• GOAL OF THE EXERCISE
Extract each line holding the word "empty" from the entries.

Collected data entries
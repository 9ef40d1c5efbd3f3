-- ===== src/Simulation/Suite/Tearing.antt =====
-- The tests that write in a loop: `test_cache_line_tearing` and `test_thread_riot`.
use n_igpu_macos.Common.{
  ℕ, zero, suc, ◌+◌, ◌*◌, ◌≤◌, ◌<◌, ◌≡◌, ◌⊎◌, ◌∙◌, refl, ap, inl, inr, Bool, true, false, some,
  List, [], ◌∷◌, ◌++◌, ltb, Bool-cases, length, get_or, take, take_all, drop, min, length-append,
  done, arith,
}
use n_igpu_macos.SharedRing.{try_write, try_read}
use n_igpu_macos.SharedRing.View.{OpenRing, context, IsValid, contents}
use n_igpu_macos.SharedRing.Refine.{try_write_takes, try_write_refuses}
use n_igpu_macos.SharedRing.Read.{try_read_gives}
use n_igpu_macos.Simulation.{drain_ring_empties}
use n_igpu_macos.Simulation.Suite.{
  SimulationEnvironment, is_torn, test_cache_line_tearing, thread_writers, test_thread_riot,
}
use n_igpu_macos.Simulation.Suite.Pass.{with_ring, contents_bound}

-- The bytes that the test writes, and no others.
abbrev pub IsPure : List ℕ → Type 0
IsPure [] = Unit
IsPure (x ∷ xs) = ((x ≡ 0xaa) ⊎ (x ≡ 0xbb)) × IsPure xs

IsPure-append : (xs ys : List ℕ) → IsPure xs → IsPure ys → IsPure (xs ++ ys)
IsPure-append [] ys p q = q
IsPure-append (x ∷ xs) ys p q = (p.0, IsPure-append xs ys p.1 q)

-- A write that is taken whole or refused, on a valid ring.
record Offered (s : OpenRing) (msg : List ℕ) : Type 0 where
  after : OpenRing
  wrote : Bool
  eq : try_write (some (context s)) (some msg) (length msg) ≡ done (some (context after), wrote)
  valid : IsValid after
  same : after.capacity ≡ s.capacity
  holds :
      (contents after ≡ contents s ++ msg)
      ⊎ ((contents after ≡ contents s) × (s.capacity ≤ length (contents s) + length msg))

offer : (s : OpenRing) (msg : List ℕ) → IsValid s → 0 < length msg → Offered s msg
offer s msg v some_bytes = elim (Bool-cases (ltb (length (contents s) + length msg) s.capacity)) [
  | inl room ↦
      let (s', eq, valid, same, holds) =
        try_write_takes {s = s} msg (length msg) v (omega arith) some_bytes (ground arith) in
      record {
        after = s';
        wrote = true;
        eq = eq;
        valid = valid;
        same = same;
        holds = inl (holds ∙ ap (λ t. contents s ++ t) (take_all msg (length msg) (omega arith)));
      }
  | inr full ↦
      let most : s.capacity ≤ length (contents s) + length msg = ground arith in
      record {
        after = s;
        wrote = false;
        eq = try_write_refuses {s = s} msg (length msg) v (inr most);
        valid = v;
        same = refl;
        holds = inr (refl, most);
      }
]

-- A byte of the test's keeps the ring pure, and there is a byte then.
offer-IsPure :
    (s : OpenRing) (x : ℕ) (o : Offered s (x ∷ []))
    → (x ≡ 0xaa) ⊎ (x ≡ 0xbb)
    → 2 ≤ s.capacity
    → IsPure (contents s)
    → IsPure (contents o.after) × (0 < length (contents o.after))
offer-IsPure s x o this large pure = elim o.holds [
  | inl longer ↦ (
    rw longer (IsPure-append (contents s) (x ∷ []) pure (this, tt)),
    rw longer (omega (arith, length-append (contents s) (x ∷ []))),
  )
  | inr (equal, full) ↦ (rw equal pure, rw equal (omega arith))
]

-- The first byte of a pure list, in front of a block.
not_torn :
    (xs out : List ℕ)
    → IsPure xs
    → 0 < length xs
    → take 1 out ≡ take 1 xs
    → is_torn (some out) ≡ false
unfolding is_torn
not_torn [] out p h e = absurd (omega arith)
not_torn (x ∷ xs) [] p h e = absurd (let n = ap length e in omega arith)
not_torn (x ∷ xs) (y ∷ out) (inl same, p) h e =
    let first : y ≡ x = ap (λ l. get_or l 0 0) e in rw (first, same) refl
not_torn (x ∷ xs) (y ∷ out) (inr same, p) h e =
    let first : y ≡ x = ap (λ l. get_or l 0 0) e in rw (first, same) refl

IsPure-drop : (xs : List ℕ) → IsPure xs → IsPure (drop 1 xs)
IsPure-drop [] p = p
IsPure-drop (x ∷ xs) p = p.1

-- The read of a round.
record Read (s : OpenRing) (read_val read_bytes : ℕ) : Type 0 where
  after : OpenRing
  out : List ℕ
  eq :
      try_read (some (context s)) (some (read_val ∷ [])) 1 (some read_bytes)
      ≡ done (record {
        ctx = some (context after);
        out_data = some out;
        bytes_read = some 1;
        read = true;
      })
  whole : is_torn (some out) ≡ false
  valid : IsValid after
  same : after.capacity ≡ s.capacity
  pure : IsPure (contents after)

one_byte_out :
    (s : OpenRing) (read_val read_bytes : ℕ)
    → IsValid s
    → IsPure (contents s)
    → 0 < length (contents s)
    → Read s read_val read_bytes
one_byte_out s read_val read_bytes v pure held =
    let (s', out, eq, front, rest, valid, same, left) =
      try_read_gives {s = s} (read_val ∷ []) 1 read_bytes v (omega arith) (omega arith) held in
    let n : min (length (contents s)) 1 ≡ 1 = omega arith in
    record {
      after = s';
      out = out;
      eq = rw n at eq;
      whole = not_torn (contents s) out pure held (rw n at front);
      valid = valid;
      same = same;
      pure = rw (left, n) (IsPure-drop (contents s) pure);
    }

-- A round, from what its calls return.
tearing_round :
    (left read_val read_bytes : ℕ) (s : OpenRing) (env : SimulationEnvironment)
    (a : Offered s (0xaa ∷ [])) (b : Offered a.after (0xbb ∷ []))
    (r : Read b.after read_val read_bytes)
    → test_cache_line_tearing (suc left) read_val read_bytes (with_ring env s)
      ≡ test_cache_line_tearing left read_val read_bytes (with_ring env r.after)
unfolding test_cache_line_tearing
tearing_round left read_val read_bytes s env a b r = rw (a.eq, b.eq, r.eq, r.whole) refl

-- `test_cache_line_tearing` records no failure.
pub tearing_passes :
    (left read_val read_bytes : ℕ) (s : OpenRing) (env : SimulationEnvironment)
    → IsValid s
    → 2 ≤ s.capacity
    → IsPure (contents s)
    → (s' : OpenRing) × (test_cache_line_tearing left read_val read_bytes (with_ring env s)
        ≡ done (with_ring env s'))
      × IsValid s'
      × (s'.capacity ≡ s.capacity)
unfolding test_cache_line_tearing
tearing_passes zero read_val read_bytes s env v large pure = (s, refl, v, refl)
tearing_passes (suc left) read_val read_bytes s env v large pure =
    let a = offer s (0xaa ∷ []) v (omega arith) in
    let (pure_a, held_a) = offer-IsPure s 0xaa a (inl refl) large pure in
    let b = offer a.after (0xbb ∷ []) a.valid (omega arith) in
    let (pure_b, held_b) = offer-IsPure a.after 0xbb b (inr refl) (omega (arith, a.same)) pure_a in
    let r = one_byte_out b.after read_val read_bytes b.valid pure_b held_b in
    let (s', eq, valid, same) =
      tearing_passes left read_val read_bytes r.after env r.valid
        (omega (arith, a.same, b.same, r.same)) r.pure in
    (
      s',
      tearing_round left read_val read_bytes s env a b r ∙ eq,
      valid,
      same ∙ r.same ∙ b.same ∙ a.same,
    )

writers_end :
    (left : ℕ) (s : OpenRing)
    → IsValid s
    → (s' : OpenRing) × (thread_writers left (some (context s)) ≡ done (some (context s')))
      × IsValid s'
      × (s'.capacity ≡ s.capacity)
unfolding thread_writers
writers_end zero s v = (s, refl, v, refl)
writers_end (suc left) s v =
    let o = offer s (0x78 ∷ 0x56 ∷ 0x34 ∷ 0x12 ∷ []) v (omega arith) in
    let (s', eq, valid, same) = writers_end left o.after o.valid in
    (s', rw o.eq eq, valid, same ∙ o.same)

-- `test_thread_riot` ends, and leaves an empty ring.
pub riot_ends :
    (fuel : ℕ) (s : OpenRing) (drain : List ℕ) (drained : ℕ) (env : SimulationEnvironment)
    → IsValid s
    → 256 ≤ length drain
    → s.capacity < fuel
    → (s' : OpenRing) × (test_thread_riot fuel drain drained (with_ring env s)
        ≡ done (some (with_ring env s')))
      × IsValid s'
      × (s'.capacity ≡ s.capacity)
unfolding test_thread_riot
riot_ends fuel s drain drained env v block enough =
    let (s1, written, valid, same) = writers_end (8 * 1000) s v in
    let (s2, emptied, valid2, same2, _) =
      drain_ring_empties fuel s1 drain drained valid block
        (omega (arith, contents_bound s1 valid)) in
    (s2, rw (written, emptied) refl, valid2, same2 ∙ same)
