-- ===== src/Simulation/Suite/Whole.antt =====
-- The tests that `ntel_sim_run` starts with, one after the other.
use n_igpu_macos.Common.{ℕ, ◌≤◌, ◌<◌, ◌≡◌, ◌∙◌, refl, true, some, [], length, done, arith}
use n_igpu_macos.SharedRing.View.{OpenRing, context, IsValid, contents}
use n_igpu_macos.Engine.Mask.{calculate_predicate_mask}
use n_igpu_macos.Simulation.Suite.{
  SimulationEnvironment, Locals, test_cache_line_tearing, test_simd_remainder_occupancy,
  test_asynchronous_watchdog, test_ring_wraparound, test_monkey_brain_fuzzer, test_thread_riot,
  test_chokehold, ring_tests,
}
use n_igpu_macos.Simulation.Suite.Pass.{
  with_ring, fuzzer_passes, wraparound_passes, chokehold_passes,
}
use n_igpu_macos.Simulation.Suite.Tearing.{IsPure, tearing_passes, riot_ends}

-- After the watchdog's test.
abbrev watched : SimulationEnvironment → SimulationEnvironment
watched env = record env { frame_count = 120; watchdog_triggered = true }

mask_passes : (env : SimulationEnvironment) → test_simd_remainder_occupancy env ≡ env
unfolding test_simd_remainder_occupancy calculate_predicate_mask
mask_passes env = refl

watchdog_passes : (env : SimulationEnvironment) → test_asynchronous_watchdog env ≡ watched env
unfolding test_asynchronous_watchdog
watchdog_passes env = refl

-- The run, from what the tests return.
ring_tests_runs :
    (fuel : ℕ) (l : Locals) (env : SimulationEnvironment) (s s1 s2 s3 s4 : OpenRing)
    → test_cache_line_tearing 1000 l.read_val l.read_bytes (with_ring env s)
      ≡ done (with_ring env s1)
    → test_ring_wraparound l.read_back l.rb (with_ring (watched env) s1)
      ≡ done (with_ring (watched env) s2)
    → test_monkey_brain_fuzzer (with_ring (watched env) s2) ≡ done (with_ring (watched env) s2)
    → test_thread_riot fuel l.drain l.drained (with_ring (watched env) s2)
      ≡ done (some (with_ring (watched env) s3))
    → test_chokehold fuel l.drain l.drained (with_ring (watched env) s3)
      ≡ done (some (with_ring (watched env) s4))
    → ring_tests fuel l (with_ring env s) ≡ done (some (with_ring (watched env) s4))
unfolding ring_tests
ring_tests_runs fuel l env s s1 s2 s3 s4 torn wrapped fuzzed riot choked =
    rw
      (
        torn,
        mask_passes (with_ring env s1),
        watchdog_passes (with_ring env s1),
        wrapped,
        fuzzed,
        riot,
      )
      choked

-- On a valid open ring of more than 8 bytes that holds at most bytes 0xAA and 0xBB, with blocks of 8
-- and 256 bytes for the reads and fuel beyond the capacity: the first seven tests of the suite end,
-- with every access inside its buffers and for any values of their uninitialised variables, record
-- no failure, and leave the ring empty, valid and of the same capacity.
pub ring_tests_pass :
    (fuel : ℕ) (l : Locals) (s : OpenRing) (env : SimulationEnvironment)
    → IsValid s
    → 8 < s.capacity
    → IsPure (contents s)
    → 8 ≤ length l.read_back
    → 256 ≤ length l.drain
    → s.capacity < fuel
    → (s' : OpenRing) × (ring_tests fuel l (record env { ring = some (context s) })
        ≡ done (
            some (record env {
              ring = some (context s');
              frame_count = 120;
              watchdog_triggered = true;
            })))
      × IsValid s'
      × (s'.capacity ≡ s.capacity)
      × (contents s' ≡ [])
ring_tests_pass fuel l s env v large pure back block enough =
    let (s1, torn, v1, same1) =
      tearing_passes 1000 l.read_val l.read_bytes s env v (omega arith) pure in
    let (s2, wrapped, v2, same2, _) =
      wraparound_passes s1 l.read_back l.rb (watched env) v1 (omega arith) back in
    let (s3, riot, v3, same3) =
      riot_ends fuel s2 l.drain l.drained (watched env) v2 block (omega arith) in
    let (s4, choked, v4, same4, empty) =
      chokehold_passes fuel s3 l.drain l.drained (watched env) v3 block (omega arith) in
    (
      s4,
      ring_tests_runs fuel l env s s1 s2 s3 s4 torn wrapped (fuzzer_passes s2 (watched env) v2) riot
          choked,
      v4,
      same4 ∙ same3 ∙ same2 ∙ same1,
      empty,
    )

• TASK ANSWER
-- `test_thread_riot` ends, and leaves an empty ring.
-- no failure, and leave the ring empty, valid and of the same capacity.
    let (s4, choked, v4, same4, empty) =
      empty,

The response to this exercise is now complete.